Action item: Pull out every line below containing the word "full".

(Collected data entries)

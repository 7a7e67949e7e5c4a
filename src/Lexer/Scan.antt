-- ===== src/Lexer/Scan.antt =====
-- The loops of `lexer_token_get` find how far a class of characters goes.
use htools.Prelude.{
  ℕ, zero, suc, ◌+◌, ◌<◌, Bool, true, false, leb, if◌then◌else◌, ◌≡◌, inl, inr, refl, sym, ap, ◌∙◌,
  arith, List, [], ◌∷◌, get_or, take, drop, Returns, Returns-map, Returns-bind, Bool-cases, leb→le,
}
use htools.Lexer.Ops.{Lexer, peek_char}
use htools.Lexer.Ring.{IsReader}
use htools.Lexer.See.{IsAscii, shown, char_at, At, Sees, see, char_at-past}
use htools.Lexer.Token.{is_digit, scan_loop, digit_loop, digits, optional_char}

-- How many characters at the start pass a test.
unfoldable pub span : (ℕ → Bool) → List ℕ → ℕ
span t [] = 0
span t (c ∷ s) = if t c then suc (span t s) else 0

-- A class of characters: no mark of `peek_char` passes the test, nor does a 0.
pub record IsClass (t : ℕ → Bool) : Type 0 where
  pub none_ : t 0 ≡ false
  pub same : (v : ℕ) → t v ≡ t (shown v)

span-drop :
    (t : ℕ → Bool) (w : List ℕ) (k : ℕ)
    → t 0 ≡ false
    → span t (drop k w) ≡ (if t (get_or w k 0) then suc (span t (drop (suc k) w)) else 0)
unfolding span
span-drop t [] zero h = rw h refl
span-drop t [] (suc k) h = rw h refl
span-drop t (c ∷ s) zero h = refl
span-drop t (c ∷ s) (suc k) h = span-drop t s k h

-- Where the run of a class that starts at `k` ends, in the buffer at most.
abbrev pub run : (ℕ → Bool) → List ℕ → ℕ → ℕ
run t xs k = k + span t (drop k (take 256 xs))

pub run-on :
    (t : ℕ → Bool) (xs : List ℕ) (k : ℕ)
    → t 0 ≡ false
    → t (char_at xs k) ≡ true
    → run t xs (k + 1) ≡ run t xs k
run-on t xs k h e =
    let w = take 256 xs in
    let step : span t (drop k w) ≡ suc (span t (drop (suc k) w)) =
      span-drop t w k h ∙ (rw e refl) in
    let index : k + 1 ≡ suc k = omega arith in
    let same : span t (drop (k + 1) w) ≡ span t (drop (suc k) w) =
      ap (λ (n : ℕ). span t (drop n w)) index in
    omega (arith, step, same)

pub run-end :
    (t : ℕ → Bool) (xs : List ℕ) (k : ℕ) → t 0 ≡ false → t (char_at xs k) ≡ false → run t xs k ≡ k
run-end t xs k h e =
    let stop : span t (drop k (take 256 xs)) ≡ 0 = span-drop t (take 256 xs) k h ∙ (rw e refl) in
    omega (arith, stop)

-- A character that passes the test of a class is none of the marks.
pub passes-pos : (t : ℕ → Bool) (v : ℕ) → t 0 ≡ false → t v ≡ true → 0 < v
passes-pos t zero h e = cc
passes-pos t (suc v) h e = omega arith

digit-IsClass : IsClass is_digit
digit-IsClass = record { none_ = refl; same = λ v. ground arith }

-- The end of an optional character.
abbrev pub after : (ℕ → Bool) → List ℕ → ℕ → ℕ
after t xs k = if t (char_at xs k) then k + 1 else k

module _ {S : Type 0} (callback : S → ℕ → List ℕ × S) (junk : ℕ → ℕ) (rest : S → List ℕ)
    (reader : IsReader S callback rest) (xs : List ℕ) (ascii : IsAscii xs) (l : Lexer S) where
  -- A scan that starts at `k` ends at the end of the run, with all of it in the ring.
  abbrev pub Scans : (ℕ → Bool) → ℕ → Lexer S × ℕ → Type 0
  Scans t k q = (q.1 ≡ run t xs k) × At S rest xs l q.0 q.1

  -- One look in a loop, with what the test says of it.
  abbrev pub Look : ℕ → Lexer S → Type 0
  Look k r = Sees S rest xs l k (peek_char callback junk r k)

  module _ (t : ℕ → Bool) (class_ : IsClass t) where
    tested : (r : Lexer S) (k : ℕ) → Look k r → t (peek_char callback junk r k).1 ≡ t (char_at xs k)
    tested r k s = class_.same _ ∙ ap t s.value

    pub scan_loop-Scans :
        (fuel : ℕ) (r : Lexer S) (k : ℕ)
        → 256 < k + fuel
        → At S rest xs l r k
        → Returns (scan_loop callback junk fuel t r k) (Scans t k)
    unfolding scan_loop
    scan_loop-Scans zero r k f a = absurd (omega (arith, a.near, a.holds.room))
    scan_loop-Scans (suc fuel) r k f a =
        let s = see callback junk rest reader xs ascii l r k a in
        elim (Bool-cases (leb 256 k)) [
          | inl full ↦
              let gone : char_at xs k ≡ 0 = char_at-past xs k (omega (arith, leb→le _ _ full)) in
              rw full (sym (run-end t xs k class_.none_ (ap t gone ∙ class_.none_)), a)
          | inr room ↦ elim (Bool-cases (t (char_at xs k))) [
            | inl more ↦
                rw (room, tested r k s ∙ more)
                  (Returns-map (Scans t (k + 1)) _
                    (scan_loop callback junk fuel t (peek_char callback junk r k).0 (k + 1))
                    (scan_loop-Scans fuel (peek_char callback junk r k).0 (k + 1) (omega arith)
                      (s.next (passes-pos t _ class_.none_ more)))
                    (λ q h. (h.0 ∙ run-on t xs k class_.none_ more, h.1)))
            | inr stop ↦
                rw (room, tested r k s ∙ stop) (sym (run-end t xs k class_.none_ stop), s.at)
          ]
        ]

  pub digit_loop-Scans :
      (fuel : ℕ) (r : Lexer S) (k : ℕ)
      → 256 < k + fuel
      → At S rest xs l r k
      → Returns (digit_loop callback junk fuel r k) (Scans is_digit k)
  unfolding digit_loop
  digit_loop-Scans zero r k f a = absurd (omega (arith, a.near, a.holds.room))
  digit_loop-Scans (suc fuel) r k f a =
      let s = see callback junk rest reader xs ascii l r k a in
      let e = tested is_digit digit-IsClass r k s in
      elim (Bool-cases (is_digit (char_at xs k))) [
        | inl more ↦ rw (e ∙ more) (
            Returns-map (Scans is_digit (k + 1)) _
              (digit_loop callback junk fuel (peek_char callback junk r k).0 (k + 1))
              (digit_loop-Scans fuel (peek_char callback junk r k).0 (k + 1) (omega arith)
                (s.next (passes-pos is_digit _ refl more)))
              (λ q h. (h.0 ∙ run-on is_digit xs k refl more, h.1)))
        | inr stop ↦ rw (e ∙ stop) (sym (run-end is_digit xs k refl stop), s.at)
      ]

  pub digits-Scans :
      (r : Lexer S) (k : ℕ)
      → At S rest xs l r k
      → Returns
          (digits callback junk r k)
          (λ q. Scans is_digit k (q.0, q.1) × (q.2 ≡ is_digit (char_at xs k)))
  unfolding digits
  digits-Scans r k a =
      let s = see callback junk rest reader xs ascii l r k a in
      let e = tested is_digit digit-IsClass r k s in
      elim (Bool-cases (is_digit (char_at xs k))) [
        | inl more ↦ rw (e ∙ more) (
            Returns-bind (Scans is_digit (k + 1)) _
              (digit_loop callback junk 257 (peek_char callback junk r k).0 (k + 1)) _
              (digit_loop-Scans 257 (peek_char callback junk r k).0 (k + 1) (omega arith)
                (s.next (passes-pos is_digit _ refl more)))
              (λ q h. ((h.0 ∙ run-on is_digit xs k refl more, h.1), sym more)))
        | inr stop ↦ rw (e ∙ stop) ((sym (run-end is_digit xs k refl stop), s.at), sym stop)
      ]

  pub optional_char-Scans :
      (t : ℕ → Bool) (class_ : IsClass t) (r : Lexer S) (k : ℕ)
      → At S rest xs l r k
      → ((optional_char callback junk t r k).1 ≡ after t xs k)
        × ((optional_char callback junk t r k).2 ≡ t (char_at xs k))
        × At S rest xs l (optional_char callback junk t r k).0 (optional_char callback junk t r k).1
  unfolding optional_char
  optional_char-Scans t class_ r k a =
      let s = see callback junk rest reader xs ascii l r k a in
      let e = tested t class_ r k s in
      elim (Bool-cases (t (char_at xs k))) [
        | inl more ↦
            rw (e ∙ more) (rw more refl, sym more, s.next (passes-pos t _ class_.none_ more))
        | inr stop ↦ rw (e ∙ stop) (rw stop refl, sym stop, s.at)
      ]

Response:
          | inl full ↦
              let gone : char_at xs k ≡ 0 = char_at-past xs k (omega (arith, leb→le _ _ full)) in
              rw full (sym (run-end t xs k class_.none_ (ap t gone ∙ class_.none_)), a)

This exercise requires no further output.